About this exercise: Starting at the line with "check_of other s r = none" and going on through the line with "check-IsProvidedFor (signed c)", reproduce each line in the records below exactly and nothing more.

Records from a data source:
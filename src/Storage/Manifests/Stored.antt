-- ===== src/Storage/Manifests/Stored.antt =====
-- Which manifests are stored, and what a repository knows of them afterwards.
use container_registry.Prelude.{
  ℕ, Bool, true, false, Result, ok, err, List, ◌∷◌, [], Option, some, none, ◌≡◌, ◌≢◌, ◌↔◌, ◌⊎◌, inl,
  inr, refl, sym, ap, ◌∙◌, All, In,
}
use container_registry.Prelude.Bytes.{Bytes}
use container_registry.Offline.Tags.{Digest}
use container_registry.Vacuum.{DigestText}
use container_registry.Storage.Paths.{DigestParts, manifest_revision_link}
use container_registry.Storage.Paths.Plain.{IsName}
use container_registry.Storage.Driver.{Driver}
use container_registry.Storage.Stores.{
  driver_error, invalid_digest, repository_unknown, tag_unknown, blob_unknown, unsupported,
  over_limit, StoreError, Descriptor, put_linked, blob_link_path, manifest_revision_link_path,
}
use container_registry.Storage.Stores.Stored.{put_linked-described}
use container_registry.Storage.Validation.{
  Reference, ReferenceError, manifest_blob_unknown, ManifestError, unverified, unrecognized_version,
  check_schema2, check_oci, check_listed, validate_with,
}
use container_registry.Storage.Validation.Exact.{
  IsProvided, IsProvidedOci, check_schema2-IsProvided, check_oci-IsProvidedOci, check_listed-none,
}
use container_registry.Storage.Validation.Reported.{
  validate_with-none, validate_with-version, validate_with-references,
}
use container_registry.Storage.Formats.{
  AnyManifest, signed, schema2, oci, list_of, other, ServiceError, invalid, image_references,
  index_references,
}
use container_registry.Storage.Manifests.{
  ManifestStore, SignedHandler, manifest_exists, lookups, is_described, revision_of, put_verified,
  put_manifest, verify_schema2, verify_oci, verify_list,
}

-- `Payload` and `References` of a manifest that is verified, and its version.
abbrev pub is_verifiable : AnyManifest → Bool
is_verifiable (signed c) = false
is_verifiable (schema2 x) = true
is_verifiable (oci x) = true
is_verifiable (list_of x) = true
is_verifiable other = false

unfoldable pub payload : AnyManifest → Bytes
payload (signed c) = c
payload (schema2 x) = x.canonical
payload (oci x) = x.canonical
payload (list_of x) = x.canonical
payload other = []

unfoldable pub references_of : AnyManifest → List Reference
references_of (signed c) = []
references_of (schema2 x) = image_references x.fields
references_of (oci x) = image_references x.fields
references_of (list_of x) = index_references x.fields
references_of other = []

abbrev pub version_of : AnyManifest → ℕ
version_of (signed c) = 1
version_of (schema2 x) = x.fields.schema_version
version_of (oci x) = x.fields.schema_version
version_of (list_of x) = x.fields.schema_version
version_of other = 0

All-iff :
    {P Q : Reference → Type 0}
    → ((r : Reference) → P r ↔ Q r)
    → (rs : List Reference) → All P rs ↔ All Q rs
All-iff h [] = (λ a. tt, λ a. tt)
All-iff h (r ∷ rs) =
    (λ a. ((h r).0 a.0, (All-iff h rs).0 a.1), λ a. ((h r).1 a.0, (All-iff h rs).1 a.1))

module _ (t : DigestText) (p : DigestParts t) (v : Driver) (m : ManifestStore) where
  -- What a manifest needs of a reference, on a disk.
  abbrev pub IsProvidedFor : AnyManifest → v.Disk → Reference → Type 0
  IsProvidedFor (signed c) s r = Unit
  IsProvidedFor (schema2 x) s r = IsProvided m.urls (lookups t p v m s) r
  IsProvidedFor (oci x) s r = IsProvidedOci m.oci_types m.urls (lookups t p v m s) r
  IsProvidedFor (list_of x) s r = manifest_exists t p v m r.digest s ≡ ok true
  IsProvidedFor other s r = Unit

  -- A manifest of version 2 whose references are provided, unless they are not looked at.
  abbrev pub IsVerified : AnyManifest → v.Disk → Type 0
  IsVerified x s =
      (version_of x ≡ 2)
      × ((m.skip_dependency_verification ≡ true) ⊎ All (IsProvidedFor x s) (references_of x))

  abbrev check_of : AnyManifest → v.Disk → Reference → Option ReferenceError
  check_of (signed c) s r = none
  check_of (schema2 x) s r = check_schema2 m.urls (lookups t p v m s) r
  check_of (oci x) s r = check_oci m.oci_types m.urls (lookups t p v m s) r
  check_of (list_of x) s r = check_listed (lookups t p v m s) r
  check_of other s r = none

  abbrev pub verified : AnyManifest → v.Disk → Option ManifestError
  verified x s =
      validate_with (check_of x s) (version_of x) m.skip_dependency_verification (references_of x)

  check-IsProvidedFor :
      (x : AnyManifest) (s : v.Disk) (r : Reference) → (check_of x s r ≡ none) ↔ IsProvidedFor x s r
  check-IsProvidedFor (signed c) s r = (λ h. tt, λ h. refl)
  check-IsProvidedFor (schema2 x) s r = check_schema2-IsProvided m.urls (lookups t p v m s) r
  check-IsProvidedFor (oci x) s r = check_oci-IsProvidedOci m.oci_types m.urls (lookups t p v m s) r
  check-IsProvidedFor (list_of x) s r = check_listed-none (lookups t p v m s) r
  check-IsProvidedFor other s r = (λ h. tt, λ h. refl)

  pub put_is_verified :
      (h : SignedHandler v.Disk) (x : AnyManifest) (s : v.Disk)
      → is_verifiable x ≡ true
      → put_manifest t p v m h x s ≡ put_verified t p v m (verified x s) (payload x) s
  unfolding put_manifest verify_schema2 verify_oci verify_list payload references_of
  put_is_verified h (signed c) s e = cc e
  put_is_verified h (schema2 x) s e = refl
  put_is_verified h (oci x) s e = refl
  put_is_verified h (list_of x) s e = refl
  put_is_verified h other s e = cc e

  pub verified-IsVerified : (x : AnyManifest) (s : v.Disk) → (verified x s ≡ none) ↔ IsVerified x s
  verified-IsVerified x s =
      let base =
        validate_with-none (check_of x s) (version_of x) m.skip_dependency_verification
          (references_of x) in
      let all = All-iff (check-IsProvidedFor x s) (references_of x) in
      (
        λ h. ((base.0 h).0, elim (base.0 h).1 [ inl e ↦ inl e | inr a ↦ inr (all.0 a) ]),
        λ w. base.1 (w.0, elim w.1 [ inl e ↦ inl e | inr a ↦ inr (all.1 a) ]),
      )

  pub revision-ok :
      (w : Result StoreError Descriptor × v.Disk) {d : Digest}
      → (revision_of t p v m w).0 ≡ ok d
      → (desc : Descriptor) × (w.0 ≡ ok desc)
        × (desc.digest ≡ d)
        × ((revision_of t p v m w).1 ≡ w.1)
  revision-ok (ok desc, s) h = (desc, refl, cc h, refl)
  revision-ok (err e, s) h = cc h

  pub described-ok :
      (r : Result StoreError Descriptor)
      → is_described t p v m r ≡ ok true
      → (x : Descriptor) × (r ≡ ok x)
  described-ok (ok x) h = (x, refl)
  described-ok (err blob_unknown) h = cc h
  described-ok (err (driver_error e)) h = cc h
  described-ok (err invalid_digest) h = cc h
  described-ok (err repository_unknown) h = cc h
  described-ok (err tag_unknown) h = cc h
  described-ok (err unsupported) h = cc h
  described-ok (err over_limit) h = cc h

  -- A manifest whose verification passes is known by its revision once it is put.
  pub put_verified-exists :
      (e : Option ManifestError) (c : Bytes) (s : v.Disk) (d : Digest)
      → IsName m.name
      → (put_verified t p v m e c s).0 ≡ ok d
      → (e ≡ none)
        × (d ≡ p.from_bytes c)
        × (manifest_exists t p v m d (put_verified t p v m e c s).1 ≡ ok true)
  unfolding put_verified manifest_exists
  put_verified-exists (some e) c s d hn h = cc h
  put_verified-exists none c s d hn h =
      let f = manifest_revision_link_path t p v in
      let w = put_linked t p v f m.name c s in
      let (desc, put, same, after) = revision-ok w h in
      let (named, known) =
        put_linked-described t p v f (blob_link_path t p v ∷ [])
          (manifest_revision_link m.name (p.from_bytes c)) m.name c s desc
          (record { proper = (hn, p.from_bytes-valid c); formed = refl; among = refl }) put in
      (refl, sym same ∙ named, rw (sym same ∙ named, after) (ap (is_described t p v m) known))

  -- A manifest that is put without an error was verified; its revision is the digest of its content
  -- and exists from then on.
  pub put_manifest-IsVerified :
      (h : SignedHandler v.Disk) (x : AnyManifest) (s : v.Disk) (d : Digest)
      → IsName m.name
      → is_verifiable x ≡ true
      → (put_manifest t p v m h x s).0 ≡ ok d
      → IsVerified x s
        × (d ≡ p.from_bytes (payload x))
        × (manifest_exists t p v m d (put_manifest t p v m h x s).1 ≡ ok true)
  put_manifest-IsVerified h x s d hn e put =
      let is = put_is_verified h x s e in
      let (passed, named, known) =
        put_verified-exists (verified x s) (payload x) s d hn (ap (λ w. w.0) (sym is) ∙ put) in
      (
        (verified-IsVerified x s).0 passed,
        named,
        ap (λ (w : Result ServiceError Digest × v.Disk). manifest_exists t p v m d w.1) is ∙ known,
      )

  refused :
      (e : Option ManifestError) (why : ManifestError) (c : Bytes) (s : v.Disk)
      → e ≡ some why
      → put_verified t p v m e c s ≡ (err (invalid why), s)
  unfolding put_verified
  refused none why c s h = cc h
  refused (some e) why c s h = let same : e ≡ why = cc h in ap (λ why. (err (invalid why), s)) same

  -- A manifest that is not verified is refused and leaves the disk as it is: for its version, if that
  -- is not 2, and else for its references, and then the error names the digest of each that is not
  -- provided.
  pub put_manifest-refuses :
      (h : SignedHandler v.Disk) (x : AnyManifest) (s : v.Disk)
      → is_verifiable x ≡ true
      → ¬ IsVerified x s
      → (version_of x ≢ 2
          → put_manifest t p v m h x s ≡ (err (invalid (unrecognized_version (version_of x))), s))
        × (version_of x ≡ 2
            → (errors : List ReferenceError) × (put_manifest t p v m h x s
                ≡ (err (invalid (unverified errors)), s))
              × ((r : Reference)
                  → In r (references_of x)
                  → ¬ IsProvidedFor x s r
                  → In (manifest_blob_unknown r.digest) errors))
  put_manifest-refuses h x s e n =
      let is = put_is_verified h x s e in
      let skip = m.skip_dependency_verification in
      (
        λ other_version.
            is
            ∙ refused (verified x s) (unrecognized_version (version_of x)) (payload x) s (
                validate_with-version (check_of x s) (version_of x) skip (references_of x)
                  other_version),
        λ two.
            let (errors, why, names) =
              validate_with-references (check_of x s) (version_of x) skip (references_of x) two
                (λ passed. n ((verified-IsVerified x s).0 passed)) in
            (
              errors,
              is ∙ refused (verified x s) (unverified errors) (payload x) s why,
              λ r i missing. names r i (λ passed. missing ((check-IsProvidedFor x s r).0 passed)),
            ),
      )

Result of this task:
  check_of other s r = none

  abbrev pub verified : AnyManifest → v.Disk → Option ManifestError
  verified x s =
      validate_with (check_of x s) (version_of x) m.skip_dependency_verification (references_of x)

  check-IsProvidedFor :
      (x : AnyManifest) (s : v.Disk) (r : Reference) → (check_of x s r ≡ none) ↔ IsProvidedFor x s r
  check-IsProvidedFor (signed c) s r = (λ h. tt, λ h. refl)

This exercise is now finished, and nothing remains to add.